She is, in effect, the leader we need in that position now. And we need it right now. The Attorney General needs her right now. He has said so. And we should be proud to confirm this eminently qualified woman. Hers is the character that the Department of Justice requires to help restore trust and credibility.

Now, the fact is that she has been a target of a smear campaign, a vial and despicable campaign of lies and deception that are completely unfounded. These attacks are based on demonstrable lies and mischaracterizations.

Her previous tenure in the civil rights division makes absolutely clear her commitment to enforcing the law with integrity and honesty, with balance and insight. She has a proven record as a consensus builder and as a leader.

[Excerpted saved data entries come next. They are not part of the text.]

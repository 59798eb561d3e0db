-- ===== src/XargsMode/Feeds.antt =====
-- What a tokenizer feeds a mode with, whatever the command that counts its lines.
use phxargs.Base.{
  ℕ, ◌≤◌, ◌<◌, ◌≡◌, Bool, List, [], ◌∷◌, Option, none, some, ok, length, arith, ap, ◌∙◌, refl,
  false, true, sym,
}
use phxargs.Base.Strings.{Str}
use phxargs.Stream.{Stream}
use phxargs.Command.{Command}
use phxargs.XargsMode.{
  XargsMode, Toker, tokenizer_next_token, xargs_mode_next_token, is_error, toker_error,
  xargs_mode_tokenizer_errored,
}
use phxargs.XargsMode.Launches.{Tracks}

-- The commands differ in the lines counted only.
abbrev pub SameButLines : Command → Command → Type 0
SameButLines cmd cmd' = (n : ℕ) × (cmd' ≡ record cmd { line_count = n })

-- What a call of the tokenizer gives, for a command whose lines it counts.
pub record Fetches (char_is_signed : Bool) (toker : Toker) (source source' : Stream)
    (token : Option Str) (errored : Bool) (cmd : Command) : Type 0 where
  pub after : Toker
  pub counted : Command
  pub lines_only : SameButLines cmd counted
  pub error_is : is_error (toker_error after) ≡ errored
  pub fetches :
      tokenizer_next_token char_is_signed toker source cmd
      ≡ ok (record { token = token; toker = after; source = source'; cmd = counted })

-- The tokens that the tokenizer reads from the input before it gives NULL, and whether it does so
-- with an error.
pub data Feeds (char_is_signed : Bool) : Toker → Stream → List Str → Bool → Type 0 where
  finished :
      {toker : Toker} {source source' : Stream} {errored : Bool}
      → ((cmd : Command) → Fetches char_is_signed toker source source' none errored cmd)
      → Feeds char_is_signed toker source [] errored
  fed :
      {toker : Toker} {source source' : Stream} {token : Str} {tokens : List Str} {errored : Bool}
      (f : (cmd : Command) → Fetches char_is_signed toker source source' (some token) false cmd)
      → length source'.bytes < length source.bytes
      → ((cmd : Command) → Feeds char_is_signed (f cmd).after source' tokens errored)
      → Feeds char_is_signed toker source (token ∷ tokens) errored

-- Each token takes a byte at least.
pub Feeds-length :
    {char_is_signed : Bool} {toker : Toker} {source : Stream} {tokens : List Str} {errored : Bool}
    (cmd : Command)
    → Feeds char_is_signed toker source tokens errored
    → length tokens ≤ length source.bytes
Feeds-length cmd (finished f) = omega arith
Feeds-length cmd (fed f shorter rest) = omega (arith, Feeds-length cmd (rest cmd))

pub next_token-ok :
    (char_is_signed : Bool) (mode : XargsMode) {toker : Toker} {source source' : Stream}
    {token : Option Str} {errored : Bool}
    → mode.toker ≡ toker
    → mode.arg_source ≡ source
    → (f : Fetches char_is_signed toker source source' token errored mode.cmd)
    → xargs_mode_next_token char_is_signed mode
      ≡ ok (token, record mode { toker = f.after; arg_source = source'; cmd = f.counted })
unfolding xargs_mode_next_token
next_token-ok char_is_signed mode et es f = rw (et, es, f.fetches) refl

-- Fetching a token changes nothing of what has been launched.
pub fetched-Tracks :
    {base : Command} {mode : XargsMode} {launched : List (List Str)} {cmd : Command} (toker : Toker)
    (source : Stream)
    → SameButLines mode.cmd cmd
    → Tracks base mode launched
    → Tracks base (record mode { toker = toker; arg_source = source; cmd = cmd }) launched
fetched-Tracks toker source (n, e) t = record {
  children = t.children;
  consistent = t.consistent;
  same_command = record {
    same_max_args = ap (λ (c : Command). c.max_args) e ∙ t.same_command.same_max_args;
    same_max_length = ap (λ (c : Command). c.max_length) e ∙ t.same_command.same_max_length;
    same_placeholder = ap (λ (c : Command). c.arg_placeholder) e ∙ t.same_command.same_placeholder;
    same_terminate =
        ap (λ (c : Command). c.terminate_on_too_large_command) e ∙ t.same_command.same_terminate;
    same_line_mode = ap (λ (c : Command). c.line_mode) e ∙ t.same_command.same_line_mode;
    same_env_length = ap (λ (c : Command). c.env_length) e ∙ t.same_command.same_env_length;
    same_fixed_args = ap (λ (c : Command). c.fixed_args) e ∙ t.same_command.same_fixed_args;
  };
  history = t.history;
}

-- What follows a token leaves the tokenizer without an error.
pub not_errored :
    (next : XargsMode) {toker : Toker} {errored : Bool}
    → is_error (toker_error toker) ≡ false
    → next.toker ≡ toker
    → xargs_mode_tokenizer_errored next ≡ true
    → errored ≡ true
not_errored next e same h = cc (sym e ∙ ap (λ t. is_error (toker_error t)) (sym same) ∙ h)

And her work with law enforcement is the reason why she has such support among law enforcement leaders, and that support is across party lines. In fact, every major law enforcement organization refers and supports her nomination.

Try as they might, unfortunately, our Republican colleagues continue to smear her. She has never--she has never called for defunding the police. She has never said many of the lies that are attributed to her. And even more than being unfounded, these attacks are really the height hypocrisy. It is unconscionable that Republicans would criticize this lifelong public servant and Justice Department veteran after they silently sat by when there was no Senate-confirmed Associate Attorney General for nearly 3 years during the Trump administration. The outrage that they feign should fall on deaf ears.

Our moment of reckoning is soon. It is not just our moment of reckoning; it is a moment of reckoning for the Nation because, in the last year, we have faced a global pandemic. We have grappled with racial justice issues that have been ignored for too long, and we have defended against an onslaught of hate and extremism.

We are at a pivotal moment. We urgently need her kind of leadership to combat domestic terrorism, extremist violence, and hate crimes. In fact, we are in the midst right now of considering a measure that will help combat hate crimes, including my No Hate legislation. We know hate crimes are surging, and Asian Americans and Pacific Islanders have been the target of them, particularly the alarming wave of vitriolic attacks most recently.

Vanita Gupta has been a leader in the fight against hate crimes. As the head of the civil rights division, she was the Nation's chief civil rights enforcer and prosecutor. And while leading that division, she also headed the first prosecutions under the Matthew Shepard and James Byrd, Jr. Hate Crimes Prevention Act, which expanded the Federal hate crime law to include, among other things, crimes motivated by a victim's sexual orientation--crimes motivated by whom a person loved.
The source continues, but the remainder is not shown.